*WORK REQUEST:* A stretch of the entries below is to be set down exactly, running from the line with "IsKept-trans s t" through the line with "edges = λ k f", both included, and no other line.
_____
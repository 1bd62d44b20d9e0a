-- ===== src/Graph/Integrity/Kept.antt =====
-- The loops of `add_nodes` leave what is there as it is, and announce nothing.
use community_overview.Base.{
  String, ◌≡◌, refl, ap, sym, ◌∙◌, false, Bool-cases, some, Option-cases, inl, inr, List, [], ◌∷◌,
  ◌++◌, arith, string_eq, nat_eq, map,
}
use community_overview.Base.Sequences.{append_assoc, append-nil}
use community_overview.Base.Dict
use community_overview.Base.Dict.{Dict, get-put}
use community_overview.Graph.Models.{Node, Edge}
use community_overview.Graph.Multigraph.{MultiDiGraph, IsLawful}
use community_overview.Graph.Score.{build_searchable_text}
use community_overview.Graph.Storage.{GraphStorage, Env, has_key, get_edge}
use community_overview.Graph.Insertion.{
  Step, done, stopped, resolve, attach, place_node, cache_text, insert_node, insert_nodes,
  insert_edge, insert_edges,
}
use community_overview.Graph.Integrity.{Intact}
use community_overview.Graph.Integrity.Additions.{IsGood, insert_edge-IsGood}
use community_overview.Graph.Integrity.Naming.{IsNaming}

module _ {G : MultiDiGraph} where
  -- Every node and every edge is still there as it was, and nothing has been announced.
  pub record IsKept (st st' : GraphStorage G) : Type 0 where
    pub nodes :
        (id : String) (n : Node) → Dict.get id st.nodes ≡ some n → Dict.get id st'.nodes ≡ some n
    pub edges : (k : String) (e : Edge) → get_edge k st ≡ some e → get_edge k st' ≡ some e
    pub emitted : st'.emitted ≡ st.emitted

  pub IsKept-refl : (st : GraphStorage G) → IsKept st st
  IsKept-refl st = record { nodes = λ id n h. h; edges = λ k e h. h; emitted = refl }

  pub IsKept-trans : (s t u : GraphStorage G) → IsKept s t → IsKept t u → IsKept s u
  IsKept-trans s t u f g = record {
    nodes = λ id n h. g.nodes id n (f.nodes id n h);
    edges = λ k e h. g.edges k e (f.edges k e h);
    emitted = g.emitted ∙ f.emitted;
  }

  pub place_node-IsKept :
      (n : Node) (st : GraphStorage G) → has_key n.id st.nodes ≡ false → IsKept st (place_node n st)
  unfolding place_node get_edge
  place_node-IsKept n st new = record {
    nodes = λ id m h. ground (arith, h, get-put id n.id n st.nodes, new);
    edges = λ k e h. h;
    emitted = refl;
  }

  pub attach-IsKept :
      (e : Edge) (st : GraphStorage G)
      → Intact st
      → has_key e.id st.edges ≡ false
      → IsKept st (attach e st)
  unfolding attach get_edge
  attach-IsKept e st I new = record {
    nodes = λ id n h. h;
    edges = λ k f h. elim (Option-cases (Dict.get k st.edges)) [
      | inl z ↦ ground (arith, h, z)
      | inr (r, z) ↦
          let found : Dict.get r st.objects ≡ some f = ground (arith, h, z) in
          let at : Dict.get k (Dict.put e.id st.next st.edges) ≡ some r =
            ground (arith, z, new, get-put k e.id st.next st.edges) in
          rw (get_edge, at) (ground (arith, found, get-put r st.next e st.objects, I.fresh r f))
    ];
    emitted = refl;
  }

  -- A loop that is done has added the ids of its items.
  abbrev pub IsGrown : List String → List String → GraphStorage G → Step G → Type 0
  IsGrown ids new st (done ids' st') = (ids' ≡ ids ++ new) × IsKept st st'
  IsGrown ids new st (stopped m st') = IsKept st st'

  pub insert_node-IsGrown :
      (env : Env) (n : Node) (ids : List String) (st : GraphStorage G)
      → IsGrown ids (n.id ∷ []) st (insert_node env n ids st)
  unfolding insert_node cache_text get_edge
  insert_node-IsGrown env n ids st = elim (Bool-cases (has_key n.id st.nodes)) [
    | inl h ↦ rw h (IsKept-refl st)
    | inr h ↦
        let k = place_node-IsKept n st h in
        elim (Option-cases (build_searchable_text env.strings st.type_texts n)) [
          | inl z ↦ rw (h, z) k
          | inr (s, z) ↦
              rw (h, z) (refl, record { nodes = k.nodes; edges = k.edges; emitted = k.emitted })
        ]
  ]

  pub IsGrown-trans :
      (ids : List String) (id : String) (new ids' : List String) (st st' : GraphStorage G)
      (x : Step G)
      → ids' ≡ ids ++ (id ∷ [])
      → IsKept st st'
      → IsGrown ids' new st' x
      → IsGrown ids (id ∷ new) st x
  IsGrown-trans ids id new ids' st st' (done out st'') e k g = (
    g.0 ∙ (ap (λ l. l ++ new) e ∙ append_assoc ids (id ∷ []) new),
    IsKept-trans st st' st'' k g.1,
  )
  IsGrown-trans ids id new ids' st st' (stopped m st'') e k g = IsKept-trans st st' st'' k g

  pub insert_nodes-IsGrown :
      (env : Env) (ns : List Node) (ids : List String) (st : GraphStorage G)
      → IsGrown ids (map (λ n. n.id) ns) st (insert_nodes env ns ids st)
  unfolding insert_nodes
  insert_nodes-IsGrown env [] ids st = (sym (append-nil ids), IsKept-refl st)
  insert_nodes-IsGrown env (n ∷ ns) ids st =
      after (insert_node env n ids st) (insert_node-IsGrown env n ids st)
        (λ ids' st'. insert_nodes-IsGrown env ns ids' st')
    where
      after :
          (x : Step G)
          → IsGrown ids (n.id ∷ []) st x
          → ((ids' : List String) (st' : GraphStorage G)
              → IsGrown ids' (map (λ m. m.id) ns) st' (insert_nodes env ns ids' st'))
          → IsGrown ids (n.id ∷ map (λ m. m.id) ns) st (elim x [
            | stopped m st' ↦ stopped m st'
            | done ids' st' ↦ insert_nodes env ns ids' st'
          ])
      after (stopped m st') h go = h
      after (done ids' st') h go =
          IsGrown-trans ids n.id (map (λ m. m.id) ns) ids' st st' (insert_nodes env ns ids' st') h.0
            h.1 (go ids' st')

  module _ (L : IsLawful G) where
    pub insert_edge-IsGrown :
        (names : Dict String String) (e : Edge) (ids : List String) (st : GraphStorage G)
        → Intact st
        → IsGrown ids (e.id ∷ []) st (insert_edge names e ids st)
    unfolding insert_edge
    insert_edge-IsGrown names e ids st I = elim (Option-cases (resolve st.nodes names e.source)) [
      | inl z ↦ rw (insert_edge, z) (IsKept-refl st)
      | inr (s, hs) ↦ elim (Option-cases (resolve st.nodes names e.target)) [
        | inl z ↦ rw (insert_edge, hs, z) (IsKept-refl st)
        | inr (t, ht) ↦ elim (Bool-cases (has_key e.id st.edges)) [
          | inl z ↦ rw (insert_edge, hs, ht, z) (IsKept-refl st)
          | inr z ↦
              rw (insert_edge, hs, ht, z)
                (refl, attach-IsKept (record e { source = s; target = t }) st I z)
        ]
      ]
    ]

    pub insert_edges-IsGrown :
        (names : Dict String String) (es : List Edge) (ids : List String) (st : GraphStorage G)
        → Intact st
        → IsNaming names st.nodes
        → IsGrown ids (map (λ e. e.id) es) st (insert_edges names es ids st)
    unfolding insert_edges
    insert_edges-IsGrown names [] ids st I N = (sym (append-nil ids), IsKept-refl st)
    insert_edges-IsGrown names (e ∷ es) ids st I N =
        after (insert_edge names e ids st) (insert_edge-IsGrown names e ids st I)
          (insert_edge-IsGood L names e ids st I N)
          (λ ids' st' J M. insert_edges-IsGrown names es ids' st' J M)
      where
        after :
            (x : Step G)
            → IsGrown ids (e.id ∷ []) st x
            → IsGood L names x
            → ((ids' : List String) (st' : GraphStorage G)
                → Intact st'
                → IsNaming names st'.nodes
                → IsGrown ids' (map (λ f. f.id) es) st' (insert_edges names es ids' st'))
            → IsGrown ids (e.id ∷ map (λ f. f.id) es) st (elim x [
              | stopped m st' ↦ stopped m st'
              | done ids' st' ↦ insert_edges names es ids' st'
            ])
        after (stopped m st') h good go = h
        after (done ids' st') h good go =
            IsGrown-trans ids e.id (map (λ f. f.id) es) ids' st st' (insert_edges names es ids' st')
              h.0 h.1 (go ids' st' good.0 good.1)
_____
*ANSWER AREA:*
  IsKept-trans s t u f g = record {
    nodes = λ id n h. g.nodes id n (f.nodes id n h);
    edges = λ k e h. g.edges k e (f.edges k e h);
    emitted = g.emitted ∙ f.emitted;
  }

  pub place_node-IsKept :
      (n : Node) (st : GraphStorage G) → has_key n.id st.nodes ≡ false → IsKept st (place_node n st)
  unfolding place_node get_edge
  place_node-IsKept n st new = record {
    nodes = λ id m h. ground (arith, h, get-put id n.id n st.nodes, new);
    edges = λ k e h. h;
    emitted = refl;
  }

  pub attach-IsKept :
      (e : Edge) (st : GraphStorage G)
      → Intact st
      → has_key e.id st.edges ≡ false
      → IsKept st (attach e st)
  unfolding attach get_edge
  attach-IsKept e st I new = record {
    nodes = λ id n h. h;
    edges = λ k f h. elim (Option-cases (Dict.get k st.edges)) [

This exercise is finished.